RECORDS SUPPLIED Start Marker

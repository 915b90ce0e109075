-- ===== src/Recycle/Coalesce.antt =====
-- src/extent.c: an extent that is given back is merged with its neighbours in the address space as
-- long as they are of the same arena and of the state of the `extents_t` that takes it.
use nvalloc.Prelude.{
  ℕ, zero, suc, Bool, true, false, not, ◌&&◌, ◌||◌, Option, none, some, if◌then◌else◌, ◌==◌, ◌>>=◌,
  ◌>>◌, assert,
}
use nvalloc.SizeClass.Table.{max_psz_idx}
use nvalloc.Log.{null}
use nvalloc.Containers.{ExtentHeap, ExtentList, ExtentTree}
use nvalloc.Extents.{ExtentState, same_state, extent_activate_locked, extent_deactivate_locked}
use nvalloc.Space.{
  extent_merge_impl, extent_interior_deregister, extent_past_get, extent_before_get,
}
use nvalloc.Recycle.{World, extent_at, write_extent, with_store}

module _ (heap : ExtentHeap) (list : ExtentList) (tree : ExtentTree) where
  -- the extent of the page of an address, or null
  unfoldable pub extent_lock_from_addr : tree.Tree → ℕ → Bool → ℕ
  extent_lock_from_addr rtree addr inactive_only =
      let leaf = tree.read rtree addr in
      if tree.has_leaf rtree addr && not (inactive_only && leaf.slab) then leaf.extent else null

  unfoldable pub extent_can_coalesce : World heap list tree → ℕ → ℕ → ℕ → Option Bool
  extent_can_coalesce world arena inner outer =
      let i = extent_at heap list tree world inner in
      let o = extent_at heap list tree world outer in
      let state = world.extents.state in
      assert (i.arena == arena)
      >> (if o.arena == arena
          then (assert (same_state i.state ExtentState.active) >> some (same_state o.state state))
          else some false)

  -- The merge never fails, so that the extent is not put back.
  unfoldable pub extent_coalesce :
      World heap list tree → ℕ → ℕ → ℕ → Bool → Option (World heap list tree)
  extent_coalesce world arena inner outer forward = do
    can ← extent_can_coalesce world arena inner outer
    assert can
    r ← extent_activate_locked heap list world.space.store world.extents outer arena
    let taken = with_store heap list tree world r
    s ←
        extent_merge_impl tree taken.space (if forward then inner else outer)
          (if forward then outer else inner)
    some (record taken { space = s })

  -- one side of a round: whether the neighbour, if there is one, was merged
  unfoldable pub join :
      World heap list tree → ℕ → ℕ → ℕ → Bool → Option (Bool × World heap list tree)
  join world arena inner outer forward =
      let merge : Option (Bool × World heap list tree) = (do
        can ← extent_can_coalesce world arena inner outer
        let merged : Option (Bool × World heap list tree) = (do
          w ← extent_coalesce world arena inner outer forward
          some (true, w))
        if can then merged else some (false, world)) in
      if outer == null then some (false, world) else merge

  -- `*coalesced`, the extent and the memory; without `delay_coalesce` the flag is not written
  unfoldable pub extent_try_coalesce_impl :
      ℕ → World heap list tree → ℕ → ℕ → Bool → Option (Bool × ℕ × World heap list tree)
  extent_try_coalesce_impl zero world arena extent inactive_only = none
  extent_try_coalesce_impl (suc fuel) world arena extent inactive_only = do
    let past = extent_past_get (extent_at heap list tree world extent)
    let next = extent_lock_from_addr world.space.rtree past inactive_only
    (joined, w) ← join world arena extent next true
    let before = extent_before_get (extent_at heap list tree w extent)
    let prev = extent_lock_from_addr w.space.rtree before inactive_only
    let back : Option (Bool × ℕ × World heap list tree) = (do
      (joined', w') ← join w arena extent prev false
      let extent' = if joined' then prev else extent
      let again = extent_try_coalesce_impl fuel w' arena extent' inactive_only
      if joined' && w'.extents.delay_coalesce
          then some (true, extent', w')
          else if joined || joined'
          then again
          else some (false, extent', w'))
    if joined && w.extents.delay_coalesce then some (true, extent, w) else back

  -- the loop of `extent_record` with `delay_coalesce`
  unfoldable pub coalesce_large :
      ℕ → ℕ → World heap list tree → ℕ → ℕ → Option (ℕ × World heap list tree)
  coalesce_large zero fuel world arena extent = none
  coalesce_large (suc rounds) fuel world arena extent = do
    assert (same_state (extent_at heap list tree world extent).state ExtentState.active)
    (coalesced, extent', w) ← extent_try_coalesce_impl fuel world arena extent true
    let again = coalesce_large rounds fuel w arena extent'
    if coalesced then again else some (extent', w)

  -- The assertion on the state assigns it.
  unfoldable pub extent_record : ℕ → World heap list tree → ℕ → ℕ → Option (World heap list tree)
  extent_record fuel world arena extent = do
    let e = extent_at heap list tree world extent
    let reset = write_extent heap list tree world extent (record e { szind = max_psz_idx })
    w ←
        (if e.slab
          then (do
            s ← extent_interior_deregister tree reset.space extent
            let w' : World heap list tree = record {
              space = s;
              extents = record reset.extents { state = ExtentState.dirty };
            }
            some (
                write_extent heap list tree w' extent
                  (record (extent_at heap list tree w' extent) { slab = false })))
          else some reset)
    assert ((tree.read w.space.rtree e.e_addr).extent == extent)
    (extent', w') ←
        (if w.extents.delay_coalesce then coalesce_large fuel fuel w arena extent else (do
          (flag, extent', w') ← extent_try_coalesce_impl fuel w arena extent false
          some (extent', w')))
    r ← extent_deactivate_locked heap list w'.space.store w'.extents extent' arena
    some (with_store heap list tree w' r)

  -- the check of `extents_dalloc`; the hole that it punches in the file of a muzzy extent is not
  -- modelled
  unfoldable pub extents_dalloc : ℕ → World heap list tree → ℕ → ℕ → Option (World heap list tree)
  extents_dalloc fuel world arena extent = do
    let e = extent_at heap list tree world extent
    assert (not (e.e_addr == null))
    assert (not (e.size == 0))
    assert (not (same_state world.extents.state ExtentState.muzzy) || not e.slab)
    extent_record fuel world arena extent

RECORDS SUPPLIED End Marker

**TASK OBJECTIVE**
Would you please copy each line of the listing that contains the word "nvalloc"?

**EXERCISE SOLUTION**
use nvalloc.Prelude.{
use nvalloc.SizeClass.Table.{max_psz_idx}
use nvalloc.Log.{null}
use nvalloc.Containers.{ExtentHeap, ExtentList, ExtentTree}
use nvalloc.Extents.{ExtentState, same_state, extent_activate_locked, extent_deactivate_locked}
use nvalloc.Space.{
use nvalloc.Recycle.{World, extent_at, write_extent, with_store}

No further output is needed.